--- START ---
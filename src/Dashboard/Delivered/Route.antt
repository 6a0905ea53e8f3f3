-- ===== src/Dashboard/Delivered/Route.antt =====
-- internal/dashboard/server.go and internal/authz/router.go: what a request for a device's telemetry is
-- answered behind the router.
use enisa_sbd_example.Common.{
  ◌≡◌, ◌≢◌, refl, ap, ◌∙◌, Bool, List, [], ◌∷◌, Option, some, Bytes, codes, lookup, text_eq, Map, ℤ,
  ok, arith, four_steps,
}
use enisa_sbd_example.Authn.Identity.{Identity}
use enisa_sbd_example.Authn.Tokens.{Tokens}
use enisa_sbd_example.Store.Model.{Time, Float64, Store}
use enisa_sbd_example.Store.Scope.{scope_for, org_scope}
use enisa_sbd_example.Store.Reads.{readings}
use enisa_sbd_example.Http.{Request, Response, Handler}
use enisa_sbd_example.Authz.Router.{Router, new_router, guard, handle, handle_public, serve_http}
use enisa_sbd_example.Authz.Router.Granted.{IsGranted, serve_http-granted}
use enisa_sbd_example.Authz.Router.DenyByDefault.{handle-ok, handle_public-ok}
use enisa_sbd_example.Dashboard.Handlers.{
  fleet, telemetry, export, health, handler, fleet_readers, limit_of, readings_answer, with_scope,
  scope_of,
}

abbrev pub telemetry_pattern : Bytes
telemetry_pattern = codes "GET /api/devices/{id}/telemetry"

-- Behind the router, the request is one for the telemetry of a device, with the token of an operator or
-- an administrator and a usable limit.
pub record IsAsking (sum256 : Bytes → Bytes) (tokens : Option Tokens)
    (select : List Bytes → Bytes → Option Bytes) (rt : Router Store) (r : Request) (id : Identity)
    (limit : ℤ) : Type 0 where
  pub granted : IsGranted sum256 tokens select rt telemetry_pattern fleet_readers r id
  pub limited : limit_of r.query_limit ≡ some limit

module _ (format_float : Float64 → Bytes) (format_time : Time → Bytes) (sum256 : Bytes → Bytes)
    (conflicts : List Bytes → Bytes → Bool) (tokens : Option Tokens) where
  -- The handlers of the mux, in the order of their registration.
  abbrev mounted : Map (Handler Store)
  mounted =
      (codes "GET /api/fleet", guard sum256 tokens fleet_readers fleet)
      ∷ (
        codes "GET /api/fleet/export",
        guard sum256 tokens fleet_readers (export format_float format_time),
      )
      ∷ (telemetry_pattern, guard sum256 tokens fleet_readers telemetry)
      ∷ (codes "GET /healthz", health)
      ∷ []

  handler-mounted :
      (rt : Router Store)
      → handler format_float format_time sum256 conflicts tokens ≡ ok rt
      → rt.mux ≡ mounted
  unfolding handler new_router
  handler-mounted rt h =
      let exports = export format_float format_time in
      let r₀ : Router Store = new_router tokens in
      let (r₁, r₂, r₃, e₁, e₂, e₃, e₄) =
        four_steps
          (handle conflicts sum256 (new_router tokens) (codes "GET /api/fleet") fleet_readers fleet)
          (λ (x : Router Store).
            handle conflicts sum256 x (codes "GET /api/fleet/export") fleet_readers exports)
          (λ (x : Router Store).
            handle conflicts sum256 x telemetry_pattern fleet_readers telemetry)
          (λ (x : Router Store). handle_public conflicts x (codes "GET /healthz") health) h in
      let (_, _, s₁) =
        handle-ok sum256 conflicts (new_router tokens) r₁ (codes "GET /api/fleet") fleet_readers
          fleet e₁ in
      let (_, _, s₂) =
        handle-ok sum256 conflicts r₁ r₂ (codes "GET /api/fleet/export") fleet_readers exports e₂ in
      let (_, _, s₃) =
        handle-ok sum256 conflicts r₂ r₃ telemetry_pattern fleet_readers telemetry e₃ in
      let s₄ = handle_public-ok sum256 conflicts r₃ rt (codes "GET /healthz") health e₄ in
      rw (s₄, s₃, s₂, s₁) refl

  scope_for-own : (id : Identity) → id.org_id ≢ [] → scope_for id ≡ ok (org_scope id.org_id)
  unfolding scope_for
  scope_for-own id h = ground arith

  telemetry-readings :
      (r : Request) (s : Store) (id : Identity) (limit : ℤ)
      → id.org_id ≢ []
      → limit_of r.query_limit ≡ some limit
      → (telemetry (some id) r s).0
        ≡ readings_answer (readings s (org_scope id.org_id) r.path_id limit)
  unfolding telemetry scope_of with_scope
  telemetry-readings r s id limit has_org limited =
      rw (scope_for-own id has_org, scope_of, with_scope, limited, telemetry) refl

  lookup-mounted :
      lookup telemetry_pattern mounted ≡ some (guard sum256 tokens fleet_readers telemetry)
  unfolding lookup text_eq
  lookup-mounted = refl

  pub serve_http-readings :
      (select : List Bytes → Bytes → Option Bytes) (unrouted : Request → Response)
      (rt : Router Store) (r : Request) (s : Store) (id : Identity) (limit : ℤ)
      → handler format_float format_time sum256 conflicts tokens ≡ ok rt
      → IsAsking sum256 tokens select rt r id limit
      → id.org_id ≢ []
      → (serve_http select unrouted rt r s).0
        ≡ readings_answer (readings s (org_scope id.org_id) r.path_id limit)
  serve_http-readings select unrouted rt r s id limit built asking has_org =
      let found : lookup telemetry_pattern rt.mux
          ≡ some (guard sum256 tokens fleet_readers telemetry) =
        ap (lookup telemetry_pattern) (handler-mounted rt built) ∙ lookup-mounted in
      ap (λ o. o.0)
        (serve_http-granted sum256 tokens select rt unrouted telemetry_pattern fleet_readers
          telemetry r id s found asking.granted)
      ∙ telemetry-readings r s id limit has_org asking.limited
--- END ---
--- START ---
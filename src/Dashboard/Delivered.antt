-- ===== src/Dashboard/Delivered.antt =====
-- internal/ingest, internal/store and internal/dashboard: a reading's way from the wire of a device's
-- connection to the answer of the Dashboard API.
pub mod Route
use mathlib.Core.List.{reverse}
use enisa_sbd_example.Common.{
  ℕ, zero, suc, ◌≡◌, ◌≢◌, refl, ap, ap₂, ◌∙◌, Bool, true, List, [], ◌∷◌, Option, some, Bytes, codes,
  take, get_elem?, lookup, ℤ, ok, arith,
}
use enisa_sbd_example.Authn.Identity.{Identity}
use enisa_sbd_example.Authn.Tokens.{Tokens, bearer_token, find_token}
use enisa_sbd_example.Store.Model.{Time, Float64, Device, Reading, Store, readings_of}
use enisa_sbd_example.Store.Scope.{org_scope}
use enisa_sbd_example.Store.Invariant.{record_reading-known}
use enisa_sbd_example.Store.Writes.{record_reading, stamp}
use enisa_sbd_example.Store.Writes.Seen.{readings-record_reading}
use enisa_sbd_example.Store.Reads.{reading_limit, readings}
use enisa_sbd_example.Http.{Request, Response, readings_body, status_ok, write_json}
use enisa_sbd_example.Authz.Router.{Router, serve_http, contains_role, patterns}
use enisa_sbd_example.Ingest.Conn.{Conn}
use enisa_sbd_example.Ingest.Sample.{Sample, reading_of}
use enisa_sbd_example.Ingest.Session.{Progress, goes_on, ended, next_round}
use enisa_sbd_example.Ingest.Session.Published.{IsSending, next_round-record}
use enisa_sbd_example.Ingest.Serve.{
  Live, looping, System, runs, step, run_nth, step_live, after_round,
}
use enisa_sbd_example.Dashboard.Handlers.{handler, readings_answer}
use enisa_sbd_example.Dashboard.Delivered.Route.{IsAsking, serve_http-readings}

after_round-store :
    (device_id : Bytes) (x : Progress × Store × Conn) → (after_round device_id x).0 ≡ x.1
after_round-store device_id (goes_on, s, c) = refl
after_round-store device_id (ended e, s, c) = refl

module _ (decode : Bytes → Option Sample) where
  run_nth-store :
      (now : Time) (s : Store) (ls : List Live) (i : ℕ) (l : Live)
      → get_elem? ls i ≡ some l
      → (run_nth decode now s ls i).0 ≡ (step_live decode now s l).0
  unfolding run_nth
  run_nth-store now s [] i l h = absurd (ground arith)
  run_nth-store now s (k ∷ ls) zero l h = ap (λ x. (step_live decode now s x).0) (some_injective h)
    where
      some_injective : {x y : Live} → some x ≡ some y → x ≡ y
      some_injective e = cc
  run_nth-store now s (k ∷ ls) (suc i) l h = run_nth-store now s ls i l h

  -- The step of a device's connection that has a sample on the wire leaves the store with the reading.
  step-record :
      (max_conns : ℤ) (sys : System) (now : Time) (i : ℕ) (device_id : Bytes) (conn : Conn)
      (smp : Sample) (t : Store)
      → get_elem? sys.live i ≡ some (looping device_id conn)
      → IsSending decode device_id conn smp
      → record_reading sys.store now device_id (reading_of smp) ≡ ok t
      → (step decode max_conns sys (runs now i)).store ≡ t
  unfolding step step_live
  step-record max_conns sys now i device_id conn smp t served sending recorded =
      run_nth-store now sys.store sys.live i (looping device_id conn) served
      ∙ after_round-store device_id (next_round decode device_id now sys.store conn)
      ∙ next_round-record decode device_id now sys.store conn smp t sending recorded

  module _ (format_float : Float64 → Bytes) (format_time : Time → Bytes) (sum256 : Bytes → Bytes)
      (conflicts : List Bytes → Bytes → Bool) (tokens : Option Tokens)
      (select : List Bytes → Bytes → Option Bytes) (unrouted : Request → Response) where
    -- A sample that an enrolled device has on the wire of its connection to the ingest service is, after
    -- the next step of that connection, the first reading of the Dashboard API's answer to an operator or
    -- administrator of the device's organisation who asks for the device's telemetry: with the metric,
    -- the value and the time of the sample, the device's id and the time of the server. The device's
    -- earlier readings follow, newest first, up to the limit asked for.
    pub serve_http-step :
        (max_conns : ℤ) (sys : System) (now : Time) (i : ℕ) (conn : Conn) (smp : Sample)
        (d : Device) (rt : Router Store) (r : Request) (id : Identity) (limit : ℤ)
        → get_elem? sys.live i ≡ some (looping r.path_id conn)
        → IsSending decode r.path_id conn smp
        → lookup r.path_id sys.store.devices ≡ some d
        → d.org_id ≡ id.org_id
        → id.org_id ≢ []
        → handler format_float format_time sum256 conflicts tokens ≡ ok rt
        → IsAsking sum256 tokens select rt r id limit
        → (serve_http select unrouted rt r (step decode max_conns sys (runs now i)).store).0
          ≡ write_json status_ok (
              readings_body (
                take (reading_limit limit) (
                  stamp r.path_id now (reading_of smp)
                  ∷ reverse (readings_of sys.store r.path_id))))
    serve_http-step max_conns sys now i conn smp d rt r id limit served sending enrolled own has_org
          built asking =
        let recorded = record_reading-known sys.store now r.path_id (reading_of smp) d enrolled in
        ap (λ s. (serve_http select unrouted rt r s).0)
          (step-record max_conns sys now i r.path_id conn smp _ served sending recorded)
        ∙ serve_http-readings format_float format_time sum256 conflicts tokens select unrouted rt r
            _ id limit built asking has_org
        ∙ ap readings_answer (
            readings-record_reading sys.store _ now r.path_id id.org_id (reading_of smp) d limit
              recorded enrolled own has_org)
--- END ---
--- START ---
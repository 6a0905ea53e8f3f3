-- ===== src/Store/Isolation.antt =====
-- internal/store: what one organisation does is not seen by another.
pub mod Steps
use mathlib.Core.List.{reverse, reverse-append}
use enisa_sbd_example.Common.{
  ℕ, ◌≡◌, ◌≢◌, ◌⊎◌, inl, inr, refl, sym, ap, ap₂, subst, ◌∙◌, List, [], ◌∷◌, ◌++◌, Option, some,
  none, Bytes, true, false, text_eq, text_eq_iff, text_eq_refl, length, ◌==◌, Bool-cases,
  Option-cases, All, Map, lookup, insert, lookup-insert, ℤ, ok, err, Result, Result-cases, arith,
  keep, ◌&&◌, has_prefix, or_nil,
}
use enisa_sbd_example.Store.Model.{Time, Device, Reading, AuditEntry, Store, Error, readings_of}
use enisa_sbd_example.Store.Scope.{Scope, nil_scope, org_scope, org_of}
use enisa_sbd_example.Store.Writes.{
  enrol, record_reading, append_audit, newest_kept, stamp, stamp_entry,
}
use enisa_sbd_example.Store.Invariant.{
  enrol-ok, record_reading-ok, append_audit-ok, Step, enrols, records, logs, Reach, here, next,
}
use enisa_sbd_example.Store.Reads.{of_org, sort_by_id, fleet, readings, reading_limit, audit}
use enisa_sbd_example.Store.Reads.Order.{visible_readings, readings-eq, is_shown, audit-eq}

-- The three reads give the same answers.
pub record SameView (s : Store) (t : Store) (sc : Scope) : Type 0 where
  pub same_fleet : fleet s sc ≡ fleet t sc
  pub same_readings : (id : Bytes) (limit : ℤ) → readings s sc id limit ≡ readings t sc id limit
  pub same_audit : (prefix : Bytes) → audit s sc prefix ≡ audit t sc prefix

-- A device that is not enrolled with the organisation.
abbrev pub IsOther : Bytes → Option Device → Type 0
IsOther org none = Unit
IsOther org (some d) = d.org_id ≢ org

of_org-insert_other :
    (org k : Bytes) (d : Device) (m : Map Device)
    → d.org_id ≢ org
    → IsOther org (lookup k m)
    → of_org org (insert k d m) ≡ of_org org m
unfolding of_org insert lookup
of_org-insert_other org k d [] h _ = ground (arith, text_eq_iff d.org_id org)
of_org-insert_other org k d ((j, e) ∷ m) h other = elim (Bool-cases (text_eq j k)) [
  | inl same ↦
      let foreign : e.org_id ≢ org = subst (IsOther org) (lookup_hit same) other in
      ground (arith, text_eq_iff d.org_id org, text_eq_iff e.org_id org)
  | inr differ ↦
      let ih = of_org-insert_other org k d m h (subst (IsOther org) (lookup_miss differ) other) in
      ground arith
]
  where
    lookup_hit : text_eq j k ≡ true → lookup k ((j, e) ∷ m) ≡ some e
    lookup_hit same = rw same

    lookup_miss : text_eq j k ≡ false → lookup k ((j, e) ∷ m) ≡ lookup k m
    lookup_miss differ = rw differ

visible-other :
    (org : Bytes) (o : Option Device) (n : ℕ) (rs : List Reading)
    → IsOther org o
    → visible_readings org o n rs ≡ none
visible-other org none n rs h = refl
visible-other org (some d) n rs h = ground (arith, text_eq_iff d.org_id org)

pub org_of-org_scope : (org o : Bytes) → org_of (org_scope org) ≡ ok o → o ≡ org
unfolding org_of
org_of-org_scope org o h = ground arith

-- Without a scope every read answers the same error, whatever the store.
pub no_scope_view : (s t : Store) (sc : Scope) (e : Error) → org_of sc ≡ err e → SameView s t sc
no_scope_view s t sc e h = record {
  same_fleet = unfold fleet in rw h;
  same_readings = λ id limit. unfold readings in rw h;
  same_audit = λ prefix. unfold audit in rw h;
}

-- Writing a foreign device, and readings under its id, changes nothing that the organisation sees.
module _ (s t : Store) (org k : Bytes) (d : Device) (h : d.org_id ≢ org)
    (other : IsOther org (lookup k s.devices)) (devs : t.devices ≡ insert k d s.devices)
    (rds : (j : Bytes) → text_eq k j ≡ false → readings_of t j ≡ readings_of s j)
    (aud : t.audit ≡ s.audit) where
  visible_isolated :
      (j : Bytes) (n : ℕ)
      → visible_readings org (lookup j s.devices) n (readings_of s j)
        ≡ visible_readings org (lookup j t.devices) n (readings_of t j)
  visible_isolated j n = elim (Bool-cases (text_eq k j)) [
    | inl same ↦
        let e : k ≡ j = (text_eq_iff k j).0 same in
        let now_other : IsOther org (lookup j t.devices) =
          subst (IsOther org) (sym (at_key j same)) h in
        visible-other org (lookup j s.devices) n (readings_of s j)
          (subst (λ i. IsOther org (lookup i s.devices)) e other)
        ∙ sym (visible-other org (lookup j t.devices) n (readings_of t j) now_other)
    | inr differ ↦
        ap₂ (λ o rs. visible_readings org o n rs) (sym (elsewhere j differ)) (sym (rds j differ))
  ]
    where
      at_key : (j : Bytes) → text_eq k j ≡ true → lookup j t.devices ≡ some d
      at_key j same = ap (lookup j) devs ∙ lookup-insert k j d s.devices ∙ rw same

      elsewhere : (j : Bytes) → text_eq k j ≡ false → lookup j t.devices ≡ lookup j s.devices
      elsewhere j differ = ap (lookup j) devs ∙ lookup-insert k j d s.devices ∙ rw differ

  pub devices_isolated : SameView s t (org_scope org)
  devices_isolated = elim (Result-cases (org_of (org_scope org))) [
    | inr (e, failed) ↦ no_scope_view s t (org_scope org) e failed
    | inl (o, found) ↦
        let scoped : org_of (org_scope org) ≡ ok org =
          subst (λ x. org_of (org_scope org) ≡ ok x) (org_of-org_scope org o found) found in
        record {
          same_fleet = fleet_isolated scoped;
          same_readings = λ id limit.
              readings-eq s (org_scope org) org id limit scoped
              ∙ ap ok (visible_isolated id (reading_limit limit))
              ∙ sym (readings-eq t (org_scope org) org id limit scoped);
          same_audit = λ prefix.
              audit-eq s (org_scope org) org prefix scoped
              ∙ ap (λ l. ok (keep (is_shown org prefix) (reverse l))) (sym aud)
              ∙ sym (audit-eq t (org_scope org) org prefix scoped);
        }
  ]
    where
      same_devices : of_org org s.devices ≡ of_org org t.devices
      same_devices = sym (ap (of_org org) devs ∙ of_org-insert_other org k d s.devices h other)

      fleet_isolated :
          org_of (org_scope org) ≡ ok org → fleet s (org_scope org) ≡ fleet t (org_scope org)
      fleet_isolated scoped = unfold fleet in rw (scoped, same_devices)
--- END ---
◆ **TASK OBJECTIVE**
The answer must consist of every line from the data that contains the word "Type".

◆ **OUTPUT BELOW**
    (limit : ℤ) : Type 0 where
pub record SameView (s : Store) (t : Store) (sc : Scope) : Type 0 where
abbrev pub IsOther : Bytes → Option Device → Type 0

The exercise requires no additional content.